Reidentification-Based Automated Matching for 3D Localization of Workers in Construction Sites
Qilin Zhang,Zhichen Wang,Bin Yang,Ke Lei,Binghan Zhang,Boda Liu,Qilin Zhang; Zhichen Wang; Bin Yang; Ke Lei; Binghan Zhang; and Boda Liu1Professor,College of Civil Engineering,Tongji Univ.,Shanghai 200092,PR China. Email: 2Master's Candidate,College of Civil Engineering,Tongji Univ.,Shanghai 200092,PR China. Email: wangzhichen@tongji.edu.cn3Associate Professor,College of Civil Engineering,Tongji Univ.,Shanghai 200092,PR China (corresponding author). ORCID: https://orcid.org/0000-0001-7175-8001. Email: yangbin@tongji.edu.cn4Senior Engineer,China Construction Eighth Engineering Division Corp. Ltd.,No. 1568,Century Ave.,Pudong District,Shanghai 200135,China. Email: leike0307@163.com5Ph.D. Candidate,College of Civil Engineering,Tongji Univ.,Shanghai 200092,PR China. Email: zhangbinghan@tongji.edu.cn6Ph.D. Candidate,College of Civil Engineering,Tongji Univ.,Shanghai 200092,PR China. ORCID: https://orcid.org/0000-0001-6860-6082. Email: 1832553@tongji.edu.cn
DOI: https://doi.org/10.1061/(asce)cp.1943-5487.0000975
IF: 5.802
2021-08-11
Journal of Computing in Civil Engineering
Abstract:The location information of entities in construction sites, such as workers and construction machines, is valuable in project management and safety. Therefore, as nonintrusive and accurate solutions, various vision-based methods have been proposed to track entities in construction sites and obtain their three-dimensional (3D) coordinates.

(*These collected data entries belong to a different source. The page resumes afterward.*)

-- ===== src/Json/Sorted.antt =====
-- Values whose maps have their keys in order, and the texts that the parser leaves.

use arcade_launcher_stream_e.Base.{
  ℕ, ◌<◌, ◌≤◌, Bytes, Bool, true, false, ◌&&◌, [], ◌∷◌, ◌≡◌, arith, length, is_empty,
}
use arcade_launcher_stream_e.Json.{
  Value, Items, Fields, null, bool, num, str, arr, obj, no_items, item, no_fields, field, push_item,
  set_field,
}
use arcade_launcher_stream_e.Json.Maps.{keys_sorted}
use arcade_launcher_stream_e.Json.Parser.{ws, starts, tail, after_number, number_token}

-- Every std::map within the value has its keys in order.
unfoldable mutual
  pub maps_sorted : Value → Bool
  maps_sorted (arr xs) = items_sorted xs
  maps_sorted (obj fs) = keys_sorted fs && fields_sorted fs
  maps_sorted null = true
  maps_sorted (bool b) = true
  maps_sorted (num x) = true
  maps_sorted (str s) = true

  pub items_sorted : Items → Bool
  items_sorted no_items = true
  items_sorted (item v xs) = maps_sorted v && items_sorted xs

  pub fields_sorted : Fields → Bool
  fields_sorted no_fields = true
  fields_sorted (field k v fs) = maps_sorted v && fields_sorted fs

pub items_sorted-push_item :
    (xs : Items) (v : Value)
    → items_sorted xs ≡ true
    → maps_sorted v ≡ true
    → items_sorted (push_item xs v) ≡ true
unfolding maps_sorted push_item
items_sorted-push_item no_items v h k = ground arith
items_sorted-push_item (item w xs) v h k = ground (arith, items_sorted-push_item xs v)

pub fields_sorted-set_field :
    (k : Bytes) (v : Value) (fs : Fields)
    → fields_sorted fs ≡ true
    → maps_sorted v ≡ true
    → fields_sorted (set_field k v fs) ≡ true
unfolding maps_sorted set_field
fields_sorted-set_field k v no_fields h p = ground arith
fields_sorted-set_field k v (field j w fs) h p = ground (arith, fields_sorted-set_field k v fs)

pub length-ws : (s : Bytes) → length (ws s) ≤ length s
unfolding ws
length-ws [] = omega arith
length-ws (c ∷ s) = ground (arith, length-ws s)

length-after_number : (s : Bytes) → length (after_number s) ≤ length s
unfolding after_number
length-after_number [] = omega arith
length-after_number (c ∷ s) = ground (arith, length-after_number s)

pub after_number-shorter :
    (s : Bytes) → is_empty (number_token s) ≡ false → length (after_number s) < length s
unfolding after_number number_token is_empty
after_number-shorter [] h = cc
after_number-shorter (c ∷ s) h = ground (arith, length-after_number s)

pub length-tail : (s : Bytes) (b : ℕ) → starts b s ≡ true → length (tail s) < length s
unfolding tail starts
length-tail [] b h = cc
length-tail (c ∷ s) b h = omega arith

However, most existing vision-based methods realize 3D localizations by basing entity matching on the epipolar line, which brings instability in entity matching due to the calculation error of the epipolar line or failure to match entities when multiple entities are located on the same epipolar. To solve this problem, a novel framework based on reidentification is proposed to automatically match workers across two camera views, thereby obtaining their 3D coordinates in construction sites. In this framework, deep-learning-based computer vision algorithms are firstly used to detect and track workers in two camera views. Then, the reidentification (ReID) algorithm is applied to utilize tracked workers' visual features to match the workers across both two camera views and different frames. As a result, for every matched pair, the worker's pixel locations in two camera views can be obtained to calculate the 3D coordinates through triangulation. The implementation of videos recorded from a real construction project proves the feasibility and accuracy of this framework. Specifically, through utilizing the ReID algorithm to match workers, the framework achieves competitive results on workers matching with precision, recall, and accuracy of more than 99%, 93%, and 93%. Furthermore, it also effectively addresses the practical problems of ID repetition and ID switching. Meanwhile, this paper extends the application scenarios of reidentification algorithms in construction sites, thereby contributing to the future application of multiple-camera vision-based methods in construction sites.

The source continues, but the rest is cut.